-- ===== src/Logger.antt =====
-- thread5/Logger.hpp: messages, and the strategies that print them to the console or append them to a
-- file. The clock, the process id and what the file system answers are arguments; `Sinks` is what was
-- written.
pub mod Time
pub mod Target
pub mod Lines
pub mod Levels
mod Tests
use study_code.Prelude.{
  ℕ, Bool, true, false, not, ◌&&◌, Option, none, some, List, [], ◌∷◌, ◌++◌, ◌==◌, if◌then◌else◌,
  take,
}
use study_code.Prelude.Int.{ℤ, pos, ◌+ℤ◌}
use study_code.Text.{Text, utf8, text_eq}
use study_code.Text.Decimal.{to_string}

pub data LogLevel : Type 0 where
  info waring error fatal debug : LogLevel

unfoldable pub log_level_to_message : LogLevel → Text
log_level_to_message info = utf8 "Info"
log_level_to_message waring = utf8 "Waring"
log_level_to_message error = utf8 "Error"
log_level_to_message fatal = utf8 "Fatal"
log_level_to_message debug = utf8 "Debug"

-- `struct tm` and the microseconds of `gettimeofday`.
pub record Clock : Type 0 where
  pub tm_year : ℤ
  pub tm_mon : ℤ
  pub tm_mday : ℤ
  pub tm_hour : ℤ
  pub tm_min : ℤ
  pub tm_sec : ℤ
  pub tv_usec : ℤ

-- What the format of `GetCurrentTime` prints.
unfoldable pub formatted : Clock → Text
formatted c =
    to_string (c.tm_year +ℤ pos 1900)
    ++ (b'-'
        ∷ (to_string (c.tm_mon +ℤ pos 1)
            ++ (b'-'
                ∷ (to_string c.tm_mday
                    ++ (b' '
                        ∷ (to_string c.tm_hour
                            ++ (b':'
                                ∷ (to_string c.tm_min
                                    ++ (b':'
                                        ∷ (to_string c.tm_sec
                                            ++ (b'.' ∷ to_string c.tv_usec)))))))))))

-- `snprintf` into 128 bytes, the last of which is the NUL.
unfoldable pub get_current_time : Clock → Text
get_current_time c = take 127 (formatted c)

pub record FileLogstrategy : Type 0 where
  pub logpath : Text
  pub logfilename : Text

abbrev pub last_is : ℕ → Text → Bool
last_is d [] = false
last_is d (c ∷ []) = c == d
last_is d (c ∷ (c' ∷ s)) = last_is d (c' ∷ s)

-- The constructor, where `exists` is whether the directory is there. An error of
-- `create_directories` is caught and printed.
unfoldable pub new_file_strategy : Bool → Text → Text → FileLogstrategy
new_file_strategy exists logpath logfilename =
    if exists then record { logpath = logpath; logfilename = logfilename } else record {
      logpath =
          if last_is b'/' logpath
          then logpath
          else if text_eq logpath []
          then logpath
          else logpath ++ (b'/' ∷ []);
      logfilename = logfilename;
    }

pub data LogStrategy : Type 0 where
  console : LogStrategy
  file : (f : FileLogstrategy) → LogStrategy

-- The error stream, and the contents of the files.
pub record Sinks : Type 0 where
  pub cerr : Text
  pub files : Text → Text

unfoldable pub targetlog : FileLogstrategy → Text
targetlog f = f.logpath ++ (b'/' ∷ f.logfilename)

abbrev pub append_file : Text → Text → (Text → Text) → Text → Text
append_file path s files p = if text_eq p path then files p ++ s else files p

-- `ConsoleStrategy::SyncLog`
unfoldable pub console_sync_log : Text → Sinks → Sinks
console_sync_log message w = record w { cerr = w.cerr ++ (message ++ (b'\n' ∷ [])) }

-- `FileLogstrategy::SyncLog`; `is_open` tells which paths `std::ofstream` can open.
unfoldable pub file_sync_log : (Text → Bool) → FileLogstrategy → Text → Sinks → Sinks
file_sync_log is_open f message w =
    if not (is_open (targetlog f))
    then record w { cerr = w.cerr ++ (utf8 "open file" ++ (targetlog f ++ (b'\n' ∷ []))) }
    else record w { files = append_file (targetlog f) (message ++ (b'\n' ∷ [])) w.files }

-- `SyncLog` of a strategy.
unfoldable pub sync_log : (Text → Bool) → LogStrategy → Text → Sinks → Sinks
unfolding console_sync_log file_sync_log
sync_log is_open console message w = console_sync_log message w
sync_log is_open (file f) message w = file_sync_log is_open f message w

-- The statement `LOG(level) << info1 << info2 …`: its level, what the clock and `getpid` give, where
-- it stands, and what each operand prints into its stream.
pub record Statement : Type 0 where
  pub level : LogLevel
  pub clock : Clock
  pub pid : ℤ
  pub filename : Text
  pub line : ℤ
  pub infos : List Text

bracketed : Text → Text → Text
bracketed s rest = b'[' ∷ (s ++ (b']' ∷ rest))

-- The constructor of `LogMessage`, with `rest` behind it.
unfoldable pub log_message : Statement → Text → Text
unfolding bracketed
log_message s rest = bracketed (get_current_time s.clock) (
    bracketed (log_level_to_message s.level)
      (bracketed (to_string s.pid) (bracketed s.filename (bracketed (to_string s.line) rest))))

-- `operator<<`, once for each operand.
unfoldable pub put_infos : Text → List Text → Text
put_infos loginfo [] = loginfo
put_infos loginfo (i ∷ infos) = put_infos (loginfo ++ i) infos

-- The whole statement, its destructor at the end.
unfoldable pub log : (Text → Bool) → Option LogStrategy → Statement → Sinks → Sinks
unfolding put_infos
log is_open none s w = w
log is_open (some strategy) s w = sync_log is_open strategy (put_infos (log_message s []) s.infos) w

unfoldable pub log_all : (Text → Bool) → Option LogStrategy → List Statement → Sinks → Sinks
unfolding log
log_all is_open strategy [] w = w
log_all is_open strategy (s ∷ ss) w = log_all is_open strategy ss (log is_open strategy s w)
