-- ===== src/Logger/Lines.antt =====
-- Logger.hpp: what a run of log statements writes.
use study_code.Prelude.{
  ◌≡◌, refl, sym, ◌∙◌, Bool, true, false, Option, none, some, List, [], ◌∷◌, ◌++◌, append_assoc,
  append-nil, if◌then◌else◌, Bool-cases, inl, inr,
}
use study_code.Text.{Text, text_eq}
use study_code.Logger.{
  LogStrategy, console, file, Sinks, targetlog, sync_log, Statement, log_message, put_infos, log,
  log_all,
}

abbrev pub joined : List Text → Text
joined [] = []
joined (i ∷ infos) = i ++ joined infos

-- A statement's line: the bracketed head, the operands in order, a newline.
abbrev pub line_of : Statement → Text
line_of s = (log_message s [] ++ joined s.infos) ++ (b'\n' ∷ [])

abbrev pub lines_of : List Statement → Text
lines_of [] = []
lines_of (s ∷ ss) = line_of s ++ lines_of ss

put_infos_lem : (s : Text) (infos : List Text) → put_infos s infos ≡ s ++ joined infos
unfolding put_infos
put_infos_lem s [] = sym (append-nil s)
put_infos_lem s (i ∷ infos) = put_infos_lem (s ++ i) infos ∙ append_assoc s i (joined infos)

abbrev pub writes_to : Option LogStrategy → Text → Bool
writes_to none path = false
writes_to (some console) path = false
writes_to (some (file f)) path = text_eq path (targetlog f)

abbrev pub writes_cerr : Option LogStrategy → Bool
writes_cerr none = false
writes_cerr (some console) = true
writes_cerr (some (file f)) = false

abbrev pub can_open : (Text → Bool) → Option LogStrategy → Bool
can_open is_open none = true
can_open is_open (some console) = true
can_open is_open (some (file f)) = is_open (targetlog f)

abbrev written : Bool → Text → Text
written true s = s
written false s = []

abbrev pub Wrote : Option LogStrategy → Text → Sinks → Sinks → Type 0
Wrote strategy out before after =
    (after.cerr ≡ before.cerr ++ (if writes_cerr strategy then out else []))
    × ((path : Text)
        → after.files path ≡ before.files path ++ (if writes_to strategy path then out else []))

log-Wrote :
    (is_open : Text → Bool) (strategy : Option LogStrategy) (s : Statement) (w : Sinks)
    → can_open is_open strategy ≡ true
    → Wrote strategy (line_of s) w (log is_open strategy s w)
unfolding log sync_log
log-Wrote is_open none s w h = (sym (append-nil w.cerr), λ path. sym (append-nil (w.files path)))
log-Wrote is_open (some console) s w h =
    (rw (put_infos_lem (log_message s []) s.infos) refl, λ path. sym (append-nil (w.files path)))
log-Wrote is_open (some (file f)) s w h =
    rw (h, put_infos_lem (log_message s []) s.infos)
      (
        sym (append-nil w.cerr),
        λ path. elim (Bool-cases (text_eq path (targetlog f))) [
          | inl here ↦ rw here refl
          | inr there ↦ rw there (sym (append-nil (w.files path)))
        ],
      )

chosen-append :
    (b : Bool) (x y z out out' : Text)
    → y ≡ x ++ (if b then out else [])
    → z ≡ y ++ (if b then out' else [])
    → z ≡ x ++ (if b then out ++ out' else [])
chosen-append true x y z out out' e e' = e' ∙ rw e (append_assoc x out out')
chosen-append false x y z out out' e e' = e' ∙ rw (e, append-nil x) (append-nil x)

Wrote-append :
    (strategy : Option LogStrategy) (a b : Text) (w w' w'' : Sinks)
    → Wrote strategy a w w'
    → Wrote strategy b w' w''
    → Wrote strategy (a ++ b) w w''
Wrote-append strategy a b w w' w'' (c, f) (c', f') = (
  chosen-append (writes_cerr strategy) w.cerr w'.cerr w''.cerr a b c c',
  λ path.
      chosen-append (writes_to strategy path) (w.files path) (w'.files path) (w''.files path) a b
        (f path) (f' path),
)

chosen-nil : (b : Bool) (x : Text) → x ≡ x ++ (if b then [] else [])
chosen-nil true x = sym (append-nil x)
chosen-nil false x = sym (append-nil x)

-- Over any statements, where a file strategy's file can be opened, the strategy's sink, the error
-- stream or the one target file, gets the line of each statement in order behind what it had, and
-- everything else stays; without a strategy nothing is written.
pub log_all-Wrote :
    (is_open : Text → Bool) (strategy : Option LogStrategy) (ss : List Statement) (w : Sinks)
    → can_open is_open strategy ≡ true
    → Wrote strategy (lines_of ss) w (log_all is_open strategy ss w)
unfolding log_all
log_all-Wrote is_open strategy [] w h = (
  chosen-nil (writes_cerr strategy) w.cerr,
  λ path. chosen-nil (writes_to strategy path) (w.files path),
)
log_all-Wrote is_open strategy (s ∷ ss) w h =
    Wrote-append strategy (line_of s) (lines_of ss) w (log is_open strategy s w)
      (log_all is_open strategy ss (log is_open strategy s w)) (log-Wrote is_open strategy s w h)
      (log_all-Wrote is_open strategy ss (log is_open strategy s w) h)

++++++++

PROBLEM TO SOLVE
Where a line in the preceding listing contains the word "joined", include it in your count, and reply with that number alone.

RESULT OF THIS TASK
6